Connection — pipeline name, dataset, destination type
Profile Summary — table/column/row overview with anomaly and PII notes
Questions — [x] charted, [ ] pending
Data Gaps — columns needed but missing from schema
Chart N — question, type, SQL query block, altair chart block

For high-intent path: Profile Summary may have minimal info (table/column names only). That's fine.

For low-intent path: Profile Summary includes row counts, anomaly notes, and PII flags.

Mark the charted question with [x] in the Questions list. Remaining [ ] questions are available for the next iteration.

Handoff — MUST propose notebook

After writing or appending to analysis_plan.md, you MUST propose building the notebook. Never end a session that produced a chart without this step.

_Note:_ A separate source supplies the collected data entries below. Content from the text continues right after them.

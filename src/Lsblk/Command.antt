-- ===== src/Lsblk/Command.antt =====
-- `LSBLK` and `runInto`: the command line and what is read of its output.
pub mod Laws
use topovgm.Prelude.{
  String, ◌<>◌, Bool, Option, none, some, List, [], ◌∷◌, ◌++◌, ◌==◌, string_eq, if◌then◌else◌,
}
use topovgm.Go.{
  ⊤, Error, message, text, join, fail, M, pure, lift, reading, wrapping, ◌>>=◌, as_value,
}
use topovgm.Lsblk.Device.{BlockDevice, Column}

-- `*map[string][]BlockDevice`
abbrev pub Document : Type 0
Document = List (String × List BlockDevice)

-- What `runInto` calls: `lvm2go.IsContainerized` and `lvm2go.StreamedCommand` (with LC_ALL=C), and
-- the reader of its output, a JSON decoder.
pub record Shell (W : Type 0) : Type 1 where
  pub Output : Type 0
  pub is_containerized : Bool
  pub streamed_command : String → List String → M W Output
  pub decode : Output → W → (Option Error × Document) × W
  pub close : Output → M W ⊤

-- `strings.Join`
abbrev pub join_columns : List String → String
join_columns [] = ""
join_columns (x ∷ []) = x
join_columns (x ∷ (y ∷ xs)) = x <> "," <> join_columns (y ∷ xs)

abbrev lsblk_command : String
lsblk_command = "/usr/bin/lsblk"

abbrev nsenter_command : String
nsenter_command = "/usr/bin/nsenter"

abbrev pub nsenter_args : List String
nsenter_args = "-m" ∷ "-u" ∷ "-i" ∷ "-n" ∷ "-p" ∷ "-t" ∷ "1" ∷ lsblk_command ∷ []

-- `blockDeviceMap["blockdevices"]`
unfoldable pub blockdevices : Document → List BlockDevice
blockdevices [] = []
blockdevices ((k, devs) ∷ doc) = if "blockdevices" == k then devs else blockdevices doc

-- `fmt.Errorf("failed to execute command: %v", err)`, which does not wrap.
abbrev pub not_executed : Error → Error
not_executed e = message ("failed to execute command: " <> text e)

abbrev pub or_fail : {W A : Type 0} → Option Error → A → M W A
or_fail none a = pure a
or_fail (some e) a = lift (fail e)

-- `args` of `LSBLK`.
abbrev pub lsblk_args : List Column → List String
lsblk_args columns = "--json" ∷ "--bytes" ∷ "-o" ∷ join_columns columns ∷ []

module _ {W : Type 0} (sh : Shell W) where
  -- The program and its arguments.
  abbrev pub command : List String → String × List String
  command args =
      if sh.is_containerized then (nsenter_command, nsenter_args ++ args) else (lsblk_command, args)

  -- `runInto`. The output is closed also when it could not be decoded.
  unfoldable pub run_into : List String → M W Document
  run_into args = do
    output ← wrapping not_executed (sh.streamed_command (command args).0 (command args).1)
    decoded ← reading (sh.decode output)
    closed ← as_value (sh.close output)
    or_fail (join (decoded.0 ∷ closed ∷ [])) decoded.1

  -- `LSBLK`
  unfoldable pub lsblk : List Column → M W (List BlockDevice)
  unfolding run_into blockdevices
  lsblk columns = do doc ← run_into (lsblk_args columns); pure (blockdevices doc)
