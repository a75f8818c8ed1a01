-- ===== src/Lsblk/Columns/Laws.antt =====
-- Columns on the command line of `lsblk` and in its output.
use Prim.Native.Char.{Char, char, code}
use Prim.Native.String.{[] as end, ◌∷◌ as ◌∶◌}
use text.Mathlib.TextLemmas.{nil-append, cons-append}
use topovgm.Prelude.{
  String, ◌<>◌, ◌≡◌, refl, ◌∙◌, ap, Bool, true, false, not, ◌&&◌, ◌||◌, ◌==◌, string_eq, contains,
  Option, none, some, List, [], ◌∷◌, map, if◌then◌else◌, arith,
}
use topovgm.Go.{leb, to_lower}
use topovgm.Lsblk.Device.{Column, column_path, Any, BlockDevice, no_entry, entry, get, lookup_key}
use topovgm.Lsblk.Command.{join_columns}
use topovgm.Lsblk.Columns.{named_columns, admitted_keys}

is_comma : Char → Bool
is_comma c = leb b',' (code c) && leb (code c) b','

has_comma : String → Bool
has_comma end = false
has_comma (c ∶ s) = is_comma c || has_comma s

prepend : Char → List String → List String
prepend c [] = (c ∶ end) ∷ []
prepend c (w ∷ ws) = (c ∶ w) ∷ ws

-- The parts of a text between its commas, as `lsblk` reads the argument of `-o`.
pub split : String → List String
unfolding prepend is_comma
split end = "" ∷ []
split (c ∶ s) = let rest = split s in if is_comma c then "" ∷ rest else prepend c rest

split-lacking : (s : String) → has_comma s ≡ false → split s ≡ s ∷ []
unfolding split has_comma
split-lacking end h = refl
split-lacking (c ∶ s) h = ground (arith, split-lacking s)

comma-append : (t : String) → "," <> t ≡ char b',' tt ∶ t
comma-append t = cons-append (char b',' tt) end t ∙ ap (λ u. char b',' tt ∶ u) (nil-append t)

split-comma : (s t : String) → has_comma s ≡ false → split (s <> ("," <> t)) ≡ s ∷ split t
unfolding split has_comma
split-comma end t h = rw (nil-append, comma-append)
split-comma (c ∶ s) t h = rw (cons-append) (ground (arith, split-comma s t))

-- No column holds a comma.
abbrev LackComma : List Column → Type 0
LackComma [] = Unit
LackComma (c ∷ cs) = (has_comma c ≡ false) × LackComma cs

split-join_columns :
    (c : Column) (cs : List Column) → LackComma (c ∷ cs) → split (join_columns (c ∷ cs)) ≡ c ∷ cs
split-join_columns c [] h = split-lacking c h.0
split-join_columns c (d ∷ cs) h =
    split-comma c (join_columns (d ∷ cs)) h.0 ∙ ap (λ cs. c ∷ cs) (split-join_columns d cs h.1)

all_lack : List Column → Bool
all_lack [] = true
all_lack (c ∷ cs) = not (has_comma c) && all_lack cs

has_comma-contains :
    (cs : List Column) (c : Column)
    → all_lack cs ≡ true
    → contains cs c ≡ true
    → has_comma c ≡ false
unfolding all_lack
has_comma-contains [] c a h = ground arith
has_comma-contains (d ∷ cs) c a h = ground (arith, has_comma-contains cs c)

named_columns-lack : all_lack named_columns ≡ true
unfolding all_lack named_columns has_comma is_comma
named_columns-lack = refl

LackComma-named :
    (cs : List Column)
    → ((c : Column) → contains cs c ≡ true → contains named_columns c ≡ true)
    → LackComma cs
LackComma-named [] h = tt
LackComma-named (c ∷ cs) h = (
  has_comma-contains named_columns c named_columns-lack (h c (ground arith)),
  LackComma-named cs (λ d m. h d (ground arith)),
)

-- Splitting the joined columns at the commas gives them back, if there are any and all are named.
pub split-named :
    (cs : List Column) (c : Column)
    → contains cs c ≡ true
    → ((c : Column) → contains cs c ≡ true → contains named_columns c ≡ true)
    → split (join_columns cs) ≡ cs
split-named [] c m h = ground arith
split-named (d ∷ cs) c m h = split-join_columns d cs (LackComma-named (d ∷ cs) h)

pub column_path-named : contains named_columns column_path ≡ true
unfolding named_columns string_eq
column_path-named = refl

pub admitted_keys-named :
    (k : Column) → contains admitted_keys k ≡ true → contains named_columns k ≡ true
unfolding named_columns admitted_keys
admitted_keys-named k h = h

-- Lower case texts tell the named columns apart.
distinct : List String → Bool
distinct [] = true
distinct (s ∷ ts) = not (contains ts s) && distinct ts

contains-map :
    (cs : List Column) (c : Column)
    → contains cs c ≡ true
    → contains (map to_lower cs) (to_lower c) ≡ true
contains-map [] c h = ground arith
contains-map (d ∷ cs) c h = ground (arith, contains-map cs c)

distinct-map :
    (cs : List Column) (c d : Column)
    → distinct (map to_lower cs) ≡ true
    → contains cs c ≡ true
    → contains cs d ≡ true
    → to_lower c ≡ to_lower d
    → c ≡ d
unfolding distinct
distinct-map [] c d u m n e = ground arith
distinct-map (x ∷ cs) c d u m n e =
    ground (arith, distinct-map cs c d, contains-map cs c, contains-map cs d)

named_columns-distinct : distinct (map to_lower named_columns) ≡ true
unfolding distinct named_columns to_lower string_eq
named_columns-distinct = refl

to_lower-injective :
    (c d : Column)
    → contains named_columns c ≡ true
    → contains named_columns d ≡ true
    → to_lower c ≡ to_lower d
    → c ≡ d
to_lower-injective c d = distinct-map named_columns c d named_columns-distinct

-- What a column holds in a row of values.
pub value_in : List (Column × Any) → Column → Option Any
value_in [] c = none
value_in ((d, v) ∷ row) c = let rest = value_in row c in if c == d then some v else rest

-- A device as `lsblk --json` prints it: the values under the lower case names of their columns.
pub row_device : List (Column × Any) → BlockDevice
row_device [] = no_entry
row_device ((c, v) ∷ row) = entry (to_lower c) v (row_device row)

abbrev pub AreNamed : List (Column × Any) → Type 0
AreNamed [] = Unit
AreNamed ((c, v) ∷ row) = (contains named_columns c ≡ true) × AreNamed row

-- Reading a named column of a printed device gives the value that was printed in it, or none if the
-- device has no value there, if all its columns are named columns.
pub get-row_device :
    (row : List (Column × Any)) (c : Column)
    → AreNamed row
    → contains named_columns c ≡ true
    → get (row_device row) c ≡ value_in row c
unfolding get row_device value_in lookup_key
get-row_device [] c named m = refl
get-row_device ((d, v) ∷ row) c named m =
    ground (arith, get-row_device row c, to_lower-injective c d)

Tell the user the plan was updated, then ask: "Ready to build the notebook — shall I invoke build-notebook?" If they agree, invoke it. If they decline, remind them they can run build-notebook later.

Troubleshooting

Pipeline not found — check spelling (case-sensitive), run list_pipelines, or use explicit .duckdb path via dlt.pipeline(..., destination=dlt.destinations.duckdb("<path>")).
MCP tools unavailable — run uv run dlthub ai status to diagnose. If the MCP server is not running or misconfigured, attempt to fix it (e.g., dlthub ai init). Only fall back to Python path (dlt.attach / dlt.pipeline) if MCP cannot be restored.